Copy out exactly the lines from the first line of the material below through the line containing "-- Every scope starts after the key.", and nothing beyond them.
** Opening Data to use block **
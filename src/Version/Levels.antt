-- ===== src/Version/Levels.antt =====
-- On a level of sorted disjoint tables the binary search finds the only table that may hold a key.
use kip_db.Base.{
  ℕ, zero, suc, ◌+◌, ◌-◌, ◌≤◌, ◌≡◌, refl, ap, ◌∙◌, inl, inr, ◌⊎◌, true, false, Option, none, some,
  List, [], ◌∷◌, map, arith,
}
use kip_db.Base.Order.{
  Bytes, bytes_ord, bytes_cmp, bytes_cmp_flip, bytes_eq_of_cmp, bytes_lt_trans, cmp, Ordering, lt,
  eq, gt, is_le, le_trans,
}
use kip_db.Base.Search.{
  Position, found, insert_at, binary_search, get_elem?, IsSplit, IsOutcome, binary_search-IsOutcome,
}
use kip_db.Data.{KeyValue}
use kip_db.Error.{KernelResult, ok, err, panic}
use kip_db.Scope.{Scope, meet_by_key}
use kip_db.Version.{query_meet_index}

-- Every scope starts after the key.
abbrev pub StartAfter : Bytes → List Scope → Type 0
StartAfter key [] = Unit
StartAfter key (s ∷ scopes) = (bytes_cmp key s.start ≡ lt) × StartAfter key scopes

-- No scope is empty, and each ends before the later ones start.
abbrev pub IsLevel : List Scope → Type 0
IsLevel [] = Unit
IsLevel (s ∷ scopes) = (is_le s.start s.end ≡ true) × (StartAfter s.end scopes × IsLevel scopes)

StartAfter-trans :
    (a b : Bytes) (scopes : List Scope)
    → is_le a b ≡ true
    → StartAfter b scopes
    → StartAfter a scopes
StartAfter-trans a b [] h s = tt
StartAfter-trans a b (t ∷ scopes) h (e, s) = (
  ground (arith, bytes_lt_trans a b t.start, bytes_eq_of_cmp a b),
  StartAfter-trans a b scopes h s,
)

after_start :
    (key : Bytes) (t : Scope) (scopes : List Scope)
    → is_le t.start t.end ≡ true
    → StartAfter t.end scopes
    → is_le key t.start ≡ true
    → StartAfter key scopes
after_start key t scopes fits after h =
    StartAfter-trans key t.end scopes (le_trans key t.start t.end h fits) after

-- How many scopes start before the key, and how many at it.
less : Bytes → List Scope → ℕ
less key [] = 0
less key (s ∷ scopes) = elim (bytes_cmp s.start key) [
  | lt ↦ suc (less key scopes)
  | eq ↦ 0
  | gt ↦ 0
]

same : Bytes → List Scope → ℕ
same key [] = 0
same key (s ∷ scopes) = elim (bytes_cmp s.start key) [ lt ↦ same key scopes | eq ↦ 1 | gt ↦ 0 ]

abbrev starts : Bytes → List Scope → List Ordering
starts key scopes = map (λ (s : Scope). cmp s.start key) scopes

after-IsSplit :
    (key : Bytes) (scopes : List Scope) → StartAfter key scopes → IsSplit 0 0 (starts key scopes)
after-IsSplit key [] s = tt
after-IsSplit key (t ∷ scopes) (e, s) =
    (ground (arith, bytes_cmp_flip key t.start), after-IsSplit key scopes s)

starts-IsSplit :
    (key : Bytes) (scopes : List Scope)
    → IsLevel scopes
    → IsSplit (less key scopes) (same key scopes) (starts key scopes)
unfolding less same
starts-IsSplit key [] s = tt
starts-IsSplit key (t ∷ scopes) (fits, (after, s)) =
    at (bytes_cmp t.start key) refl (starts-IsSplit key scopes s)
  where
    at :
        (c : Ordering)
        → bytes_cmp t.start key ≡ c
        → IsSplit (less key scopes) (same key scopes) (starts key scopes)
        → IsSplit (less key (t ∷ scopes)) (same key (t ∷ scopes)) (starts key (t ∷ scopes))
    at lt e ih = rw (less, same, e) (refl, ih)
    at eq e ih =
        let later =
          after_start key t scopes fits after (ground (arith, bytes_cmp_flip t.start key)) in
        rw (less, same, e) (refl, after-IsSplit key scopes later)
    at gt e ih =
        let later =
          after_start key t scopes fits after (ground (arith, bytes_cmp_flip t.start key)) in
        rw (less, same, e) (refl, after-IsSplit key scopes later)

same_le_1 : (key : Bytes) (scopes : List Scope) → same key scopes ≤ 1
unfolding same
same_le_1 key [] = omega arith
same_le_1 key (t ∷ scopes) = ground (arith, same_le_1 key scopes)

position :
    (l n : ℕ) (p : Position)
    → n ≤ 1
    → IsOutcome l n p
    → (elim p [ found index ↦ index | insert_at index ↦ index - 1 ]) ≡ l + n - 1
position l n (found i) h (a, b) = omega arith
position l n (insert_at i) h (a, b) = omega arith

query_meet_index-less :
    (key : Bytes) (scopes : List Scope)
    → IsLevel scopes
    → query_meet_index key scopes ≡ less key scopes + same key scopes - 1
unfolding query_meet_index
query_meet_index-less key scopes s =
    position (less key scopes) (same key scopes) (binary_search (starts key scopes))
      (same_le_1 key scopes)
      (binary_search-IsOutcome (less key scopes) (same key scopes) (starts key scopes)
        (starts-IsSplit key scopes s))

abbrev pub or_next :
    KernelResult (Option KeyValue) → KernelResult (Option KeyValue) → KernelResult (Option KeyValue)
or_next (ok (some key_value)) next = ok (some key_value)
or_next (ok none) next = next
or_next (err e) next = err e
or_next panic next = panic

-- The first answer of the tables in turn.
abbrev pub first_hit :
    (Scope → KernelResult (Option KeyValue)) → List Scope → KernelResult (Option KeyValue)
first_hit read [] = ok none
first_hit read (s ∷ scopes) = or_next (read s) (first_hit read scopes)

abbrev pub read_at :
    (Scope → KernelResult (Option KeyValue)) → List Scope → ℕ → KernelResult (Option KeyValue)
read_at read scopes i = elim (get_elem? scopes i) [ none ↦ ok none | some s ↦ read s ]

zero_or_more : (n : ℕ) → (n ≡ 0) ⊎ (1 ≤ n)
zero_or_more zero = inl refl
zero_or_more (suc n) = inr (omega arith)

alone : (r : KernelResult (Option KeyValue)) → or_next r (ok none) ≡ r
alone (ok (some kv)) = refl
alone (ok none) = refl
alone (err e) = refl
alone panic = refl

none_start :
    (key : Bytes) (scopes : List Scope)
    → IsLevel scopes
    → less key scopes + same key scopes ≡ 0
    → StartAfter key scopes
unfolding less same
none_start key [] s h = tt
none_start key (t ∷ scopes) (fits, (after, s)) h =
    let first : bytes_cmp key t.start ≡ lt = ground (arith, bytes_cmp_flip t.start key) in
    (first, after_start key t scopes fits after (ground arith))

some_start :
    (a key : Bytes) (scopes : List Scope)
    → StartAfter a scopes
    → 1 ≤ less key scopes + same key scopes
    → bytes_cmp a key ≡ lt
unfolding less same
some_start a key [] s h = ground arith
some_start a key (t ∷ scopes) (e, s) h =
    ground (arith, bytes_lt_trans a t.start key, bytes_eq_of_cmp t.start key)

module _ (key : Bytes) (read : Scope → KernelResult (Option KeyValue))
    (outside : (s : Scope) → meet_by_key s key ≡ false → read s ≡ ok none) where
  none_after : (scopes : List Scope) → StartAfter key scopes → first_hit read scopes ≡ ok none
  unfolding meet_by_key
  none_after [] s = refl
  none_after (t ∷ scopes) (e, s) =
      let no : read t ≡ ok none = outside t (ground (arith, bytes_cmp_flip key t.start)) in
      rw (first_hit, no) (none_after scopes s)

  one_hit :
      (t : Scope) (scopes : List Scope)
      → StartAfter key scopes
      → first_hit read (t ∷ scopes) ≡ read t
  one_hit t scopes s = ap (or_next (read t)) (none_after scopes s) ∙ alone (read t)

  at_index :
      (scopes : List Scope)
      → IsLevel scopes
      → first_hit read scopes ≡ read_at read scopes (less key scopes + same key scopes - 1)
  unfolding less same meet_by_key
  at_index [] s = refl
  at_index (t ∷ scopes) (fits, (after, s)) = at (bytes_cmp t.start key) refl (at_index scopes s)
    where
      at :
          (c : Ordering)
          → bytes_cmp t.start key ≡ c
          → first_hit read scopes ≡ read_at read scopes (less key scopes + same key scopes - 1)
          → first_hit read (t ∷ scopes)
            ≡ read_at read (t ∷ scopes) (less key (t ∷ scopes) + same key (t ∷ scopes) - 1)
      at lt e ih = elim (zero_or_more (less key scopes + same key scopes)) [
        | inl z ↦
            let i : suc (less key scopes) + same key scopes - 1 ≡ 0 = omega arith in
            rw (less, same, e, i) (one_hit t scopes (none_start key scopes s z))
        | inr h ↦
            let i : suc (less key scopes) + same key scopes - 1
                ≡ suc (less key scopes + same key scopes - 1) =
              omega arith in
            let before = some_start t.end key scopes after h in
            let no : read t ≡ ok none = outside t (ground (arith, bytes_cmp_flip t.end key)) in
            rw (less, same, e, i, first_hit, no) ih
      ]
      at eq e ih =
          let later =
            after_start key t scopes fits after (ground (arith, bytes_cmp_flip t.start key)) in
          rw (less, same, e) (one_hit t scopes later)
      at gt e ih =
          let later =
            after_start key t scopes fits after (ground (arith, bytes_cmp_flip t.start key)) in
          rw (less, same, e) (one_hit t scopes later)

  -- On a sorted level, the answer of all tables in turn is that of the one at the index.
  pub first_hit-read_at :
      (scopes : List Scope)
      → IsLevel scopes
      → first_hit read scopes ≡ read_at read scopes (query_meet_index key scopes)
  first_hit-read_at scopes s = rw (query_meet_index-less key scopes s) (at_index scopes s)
** Closing Data to use block **
* [Task response]:
filename src/Version/Levels.antt
-- ===== src/Version/Levels.antt =====
-- On a level of sorted disjoint tables the binary search finds the only table that may hold a key.
use kip_db.Base.{
  ℕ, zero, suc, ◌+◌, ◌-◌, ◌≤◌, ◌≡◌, refl, ap, ◌∙◌, inl, inr, ◌⊎◌, true, false, Option, none, some,
  List, [], ◌∷◌, map, arith,
}
use kip_db.Base.Order.{
  Bytes, bytes_ord, bytes_cmp, bytes_cmp_flip, bytes_eq_of_cmp, bytes_lt_trans, cmp, Ordering, lt,
  eq, gt, is_le, le_trans,
}
use kip_db.Base.Search.{
  Position, found, insert_at, binary_search, get_elem?, IsSplit, IsOutcome, binary_search-IsOutcome,
}
use kip_db.Data.{KeyValue}
use kip_db.Error.{KernelResult, ok, err, panic}
use kip_db.Scope.{Scope, meet_by_key}
use kip_db.Version.{query_meet_index}

-- Every scope starts after the key.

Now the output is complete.